Closed webglider closed 9 years ago

webglider commented 9 years ago

Is there any way to safely delete keys?

tristanls commented 9 years ago

Hi,

I am not exactly sure what you mean by safely and what you mean by delete :smile:

The simple answer is (based on my assumptions of what you mean), in order to safely delete, you should mark the key with a "tombstone" that lets the reader know that it is deleted.

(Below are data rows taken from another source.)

-- ===== src/Client/Port.antt =====
-- src/network/client.cpp: what a client adds to the loop that waits for connections.
use cs4500project.Prelude.{
  Bool, List, [], false, if◌then◌else◌, refl, ℕ, ◌∷◌, ◌≡◌, ◌++◌, Bool-cases, inl, inr, ap,
  append_assoc, append-nil, sym, ◌∙◌, subst, if_true, if_false, if-Holds,
}
use cs4500project.NetPort.{Subclass}
use cs4500project.NetPort.Ended.{KeepsStopped}
use cs4500project.Client.{
  Client, Peer, connect_all, connect_to_client, to_connect, check_client_updates,
}

-- Whether sockets can be created, for a client and for the server, and whether the connection to
-- the server is finished.
pub record Answers : Type 0 where
  pub opens : List ℕ → Bool
  pub opens_server : Bool
  pub server_finished : Bool

-- `_initial`, in as far as it concerns the client's own state. The connection to the server that it
-- makes and starts is not in the list of connections: `~Client` joins its thread.
unfoldable pub initial : Answers → Client → Client
initial a c = if a.opens_server then c else record c { running = false }

-- `_check_client_updates`, with the connections that it adds.
unfoldable pub updates : (List ℕ → Bool) → Client → List Peer → Client × List Peer
updates opens c peers =
    if c.client_update
    then connect_all opens c [] (to_connect peers c.other_clients [])
    else (c, [])

unfoldable pub main_loop_work : Answers → List Peer → Client → Client × List Peer
unfolding initial updates
main_loop_work a peers c =
    let (c', added) = updates a.opens c peers in
    (if a.server_finished then initial a c' else c', added)

unfoldable pub client_port : Subclass Answers Client Peer
unfolding main_loop_work
client_port = record {
  is_running = λ c. c.running;
  with_running = λ b c. record c { running = b };
  initial = initial;
  on_clean_up = λ _ c. c;
  on_new_connection = λ c. c;
  main_loop_work = main_loop_work;
}

connect_all-added :
    (opens : List ℕ → Bool) (c : Client) (peers added : List Peer) (clients : List (List ℕ))
    → connect_all opens c (peers ++ added) clients
      ≡ ((connect_all opens c added clients).0, peers ++ (connect_all opens c added clients).1)
unfolding connect_all connect_to_client
connect_all-added opens c peers added [] = refl
connect_all-added opens c peers added (client ∷ clients) =
    rw (append_assoc peers added (record { other = client; finished = false } ∷ [])) (
      connect_all-added opens (connect_to_client opens c added client).0 peers
        (connect_to_client opens c added client).1 clients)

-- It is the check that `get_value` makes, too.
pub check_client_updates-updates :
    (opens : List ℕ → Bool) (c : Client) (peers : List Peer)
    → check_client_updates opens c peers
      ≡ ((updates opens c peers).0, peers ++ (updates opens c peers).1)
unfolding check_client_updates updates
check_client_updates-updates opens c peers = elim (Bool-cases c.client_update) [
  | inl e ↦
      let added = connect_all-added opens c peers [] (to_connect peers c.other_clients []) in
      if_true c.client_update _ _ e
      ∙ subst
          (λ ps. connect_all opens c ps (to_connect peers c.other_clients []) ≡ (
            (connect_all opens c [] (to_connect peers c.other_clients [])).0,
            peers ++ (connect_all opens c [] (to_connect peers c.other_clients [])).1,
          ))
          (append-nil peers) added
      ∙ ap (λ (u : Client × List Peer). (u.0, peers ++ u.1)) (sym (if_true c.client_update _ _ e))
  | inr e ↦
      if_false c.client_update _ _ e
      ∙ ap (λ ps. (c, ps)) (sym (append-nil peers))
      ∙ ap (λ (u : Client × List Peer). (u.0, peers ++ u.1)) (sym (if_false c.client_update _ _ e))
]

connect_all-stopped :
    (opens : List ℕ → Bool) (c : Client) (peers : List Peer) (clients : List (List ℕ))
    → c.running ≡ false
    → (connect_all opens c peers clients).0.running ≡ false
unfolding connect_all connect_to_client
connect_all-stopped opens c peers [] e = e
connect_all-stopped opens c peers (client ∷ clients) e =
    connect_all-stopped opens _ _ clients
      (if-Holds (λ d. d.running ≡ false) (opens client) c (record c { running = false }) e refl)

initial-stopped : (a : Answers) (c : Client) → c.running ≡ false → (initial a c).running ≡ false
unfolding initial
initial-stopped a c e =
    if-Holds (λ d. d.running ≡ false) a.opens_server c (record c { running = false }) e refl

main_loop_work-stopped :
    (a : Answers) (peers : List Peer) (c : Client)
    → c.running ≡ false
    → (main_loop_work a peers c).0.running ≡ false
unfolding main_loop_work updates
main_loop_work-stopped a peers c e =
    let c' = (updates a.opens c peers).0 in
    let e' : c'.running ≡ false =
      if-Holds (λ u. u.0.running ≡ false) c.client_update
        (connect_all a.opens c [] (to_connect peers c.other_clients [])) (c, [])
        (connect_all-stopped a.opens c [] (to_connect peers c.other_clients []) e) e in
    if-Holds (λ d. d.running ≡ false) a.server_finished (initial a c') c' (initial-stopped a c' e')
      e'

pub client_port-KeepsStopped : KeepsStopped client_port
unfolding client_port
client_port-KeepsStopped = record {
  set_stopped = λ c. refl;
  clean_up_stopped = λ p c e. e;
  new_stopped = λ c e. e;
  work_stopped = main_loop_work-stopped;
}
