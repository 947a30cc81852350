-- ===== src/Client/Session.antt =====
-- src/network/cts_connection.cpp, `run`: a client's connection to the server, from its registration
-- to the packets with which it leaves.
pub mod Left
use cs4500project.Client
use cs4500project.Packet.Kind
use cs4500project.Prelude.{Bool, List, [], false, if◌then◌else◌, true, ◌++◌, ◌∷◌}
use cs4500project.Client.{Client}
use cs4500project.Connection.{Connection}
use cs4500project.Packet.{Packet}

-- `_finished` is set where the target is not reached, or a packet is not sent.
unfoldable pub finish_unless : Bool → Connection → Connection
finish_unless sent conn = if sent then conn else record conn { finished = true }

-- The loop, with the packets that are taken out of the buffer while it runs. It looks at
-- `_finished` before each.
unfoldable pub receive_packets : List Packet → Connection → Client → Connection × Client
receive_packets [] conn c = (conn, c)
receive_packets (p ∷ ps) conn c =
    let (r, conn', c') = Client.parse_data conn c p in
    let rest = receive_packets ps conn' c' in if conn.finished then (conn, c) else rest

unfoldable pub deregistration_packet : Client → Packet
deregistration_packet c = record (Client.get_registration_packet c) { typ = Kind.deregister }

abbrev pub shutdown_packet : Packet
shutdown_packet = record { remaining_len = 0; typ = Kind.shutdown; value = [] }

-- What arrives at the other side of a packet that is sent or not.
abbrev pub arriving : Bool → Packet → List Packet
arriving true p = p ∷ []
arriving false p = []

-- Whether the server is reached, and which of the three packets are sent, are arguments. The
-- results are the packets that arrive at the server, and what becomes of the connection and the
-- client.
unfoldable pub run :
    Bool
    → Bool
    → Bool
    → Bool
    → List Packet
    → Connection
    → Client
    → List Packet × Connection × Client
unfolding finish_unless receive_packets deregistration_packet
run reached registered deregistered shut received conn c =
    let (conn', c') =
      receive_packets received (finish_unless registered (finish_unless reached conn)) c in
    (
      arriving registered (Client.get_registration_packet c)
          ++ arriving deregistered (deregistration_packet c')
          ++ arriving shut shutdown_packet,
      record conn' { finished = true },
      record c' { running = false },
    )
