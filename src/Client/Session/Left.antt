-- ===== src/Client/Session/Left.antt =====
-- src/network/cts_connection.cpp and src/network/server_connection.cpp: what is left of a client's
-- session on the server.
use cs4500project.Client
use cs4500project.Server
use cs4500project.Packet.Kind
use cs4500project.Prelude.{
  List, [], ap, false, length, refl, true, ℕ, ◌∙◌, ◌==◌, ◌∷◌, ◌≡◌, if-Holds,
}
use cs4500project.Client.{Client}
use cs4500project.Client.Session.{
  deregistration_packet, finish_unless, receive_packets, run, shutdown_packet,
}
use cs4500project.Connection.{Connection, ParseResult}
use cs4500project.Packet.{Packet}
use cs4500project.Server.{Server, clean_up_closed, erase_client, remove_client}
use cs4500project.Server.Clients.{IsOther, IsNew, address_packet, parse_data-deregister}

-- The packets of one connection, handled by the server one after the other. The connections that a
-- registration finds closed and the number of those that are left are arguments.
unfoldable pub serve_packets :
    List (List ℕ) → ℕ → List Packet → Connection → Server → Connection × Server
serve_packets closed n [] conn s = (conn, s)
serve_packets closed n (p ∷ ps) conn s =
    let (r, conn', s') = Server.parse_data conn s closed n p in serve_packets closed n ps conn' s'

-- No packet changes a client's own address.
parse_data-self :
    (conn : Connection) (c : Client) (p : Packet) → (Client.parse_data conn c p).2.self ≡ c.self
unfolding Client.parse_data
parse_data-self conn c p =
    if-Holds (λ (r : ParseResult × Connection × Client). r.2.self ≡ c.self)
      (p.typ == Kind.client_update) _ _ refl
      (if-Holds (λ (r : ParseResult × Connection × Client). r.2.self ≡ c.self)
        (p.typ == Kind.teardown) _ _ refl refl)

receive_packets-self :
    (ps : List Packet) (conn : Connection) (c : Client)
    → (receive_packets ps conn c).1.self ≡ c.self
unfolding receive_packets
receive_packets-self [] conn c = refl
receive_packets-self (p ∷ ps) conn c =
    let r = Client.parse_data conn c p in
    if-Holds (λ (r' : Connection × Client). r'.1.self ≡ c.self) conn.finished (conn, c)
      (receive_packets ps r.1 r.2) refl (receive_packets-self ps r.1 r.2 ∙ parse_data-self conn c p)

erase_client-new :
    (a : List ℕ) (clients : List (List ℕ)) → IsNew a clients → erase_client a clients ≡ clients
unfolding erase_client
erase_client-new a [] new = refl
erase_client-new a (c ∷ clients) new = rw (new.0, erase_client-new a clients new.1) refl

-- A connection of the server that is finished, with the server's clients as they were without it,
-- also after the clean-up.
pub record Left (a : List ℕ) (before : List (List ℕ)) (conn : Connection) (s : Server)
    : Type 0 where
  pub finished : conn.finished ≡ true
  pub address : conn.conn_other ≡ a
  pub same_clients : s.clients ≡ before
  pub noted : s.new_update ≡ true
  pub cleaned : (clean_up_closed s (conn.conn_other ∷ [])).clients ≡ before

serve_packets-Left :
    (closed : List (List ℕ)) (n : ℕ) (conn : Connection) (s : Server) (a : List ℕ)
    → length a ≡ 16
    → IsNew a s.clients
    → IsOther a closed
    → (conn' : Connection) × (s' : Server) × (serve_packets closed n
          (address_packet Kind.register a ∷ address_packet Kind.deregister a ∷ shutdown_packet ∷ [])
          conn
          s
        ≡ (conn', s'))
      × Left a (clean_up_closed s closed).clients conn' s'
unfolding serve_packets clean_up_closed remove_client Server.parse_data
serve_packets-Left closed n conn s a sixteen new others =
    let (s1, c1, registers, address, new', noted, leaves) =
      parse_data-deregister conn s closed a n sixteen new others in
    let kept = (clean_up_closed s closed).clients in
    (
      record c1 { finished = true },
      record s1 { clients = kept },
      rw (registers, leaves, Server.parse_data) refl,
      record {
        finished = refl;
        address = address;
        same_clients = refl;
        noted = noted;
        cleaned = rw address (erase_client-new a kept new');
      },
    )

-- A client whose address of 16 bytes no other client has, and whose packets are all sent, stops
-- when its connection to the server is finished, whatever it has received. Where the server handles
-- the client's packets with no other step of its own in between, and connections of other clients
-- are found closed at the registration: the server has noted an update, and has the clients that it
-- had before the session less those that were cleaned up at the registration, also when it has
-- cleaned up the client's own connection.
pub run-Left :
    (received : List Packet) (own : Connection) (c : Client) (closed : List (List ℕ)) (n : ℕ)
    (conn : Connection) (s : Server)
    → length c.self ≡ 16
    → IsNew c.self s.clients
    → IsOther c.self closed
    → ((run true true true true received own c).2.running ≡ false)
      × (conn' : Connection) × (s' : Server) × (serve_packets closed n
            (run true true true true received own c).0
            conn
            s
          ≡ (conn', s'))
      × Left c.self (clean_up_closed s closed).clients conn' s'
unfolding run Client.get_registration_packet deregistration_packet finish_unless
run-Left received own c closed n conn s sixteen new others =
    let (conn', s', served, left) = serve_packets-Left closed n conn s c.self sixteen new others in
    (
      refl,
      conn',
      s',
      ap
            (λ self.
              serve_packets closed n
                (address_packet Kind.register c.self
                  ∷ address_packet Kind.deregister self
                  ∷ shutdown_packet
                  ∷ [])
                conn s)
            (receive_packets-self received own c)
          ∙ served,
      left,
    )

So, for example, if you previously set a key to some value:

gossipmonger.update('foo', 'bar');

Later, if you want to delete it, you should update it to some "tombstone" value:

gossipmonger.update('foo', 'there-is-no-way-this-is-a-real-key-only-deleted-keys-will-have-this-value');

The less simple answer...

Gossipmonger implements scuttlebutt gossip protocol. It turns out that vector-clock scuttlebutt gossip is a special case of a delta-mutation CRDT. The paper where I first learned about delta-mutation CRDTs is here http://arxiv.org/abs/1410.2803 . What this means to me, is that any system using scuttlebutt gossip, is in effect, a CRDT. The "problem" with CRDTs is that they have to maintain the entire history of everything that has ever happened in order to maintain all the property guarantees of a CRDT. Logical deletes are possible, but they're more involved, with the tombstone example above demonstrating a delete like one would do in a Last-Writer-Wins Register (LWW-Register)(in this case, since each node is a single writer, there is no timestamp conflict). This means that in order to logically delete data, one must add historical data to the CRDT. Practically, you could choose to truncate the history that CRDT is maintaining, by using some sort of timeout, however, at that point, all of the gossip and CRDT guarantees of the distributed system are lost.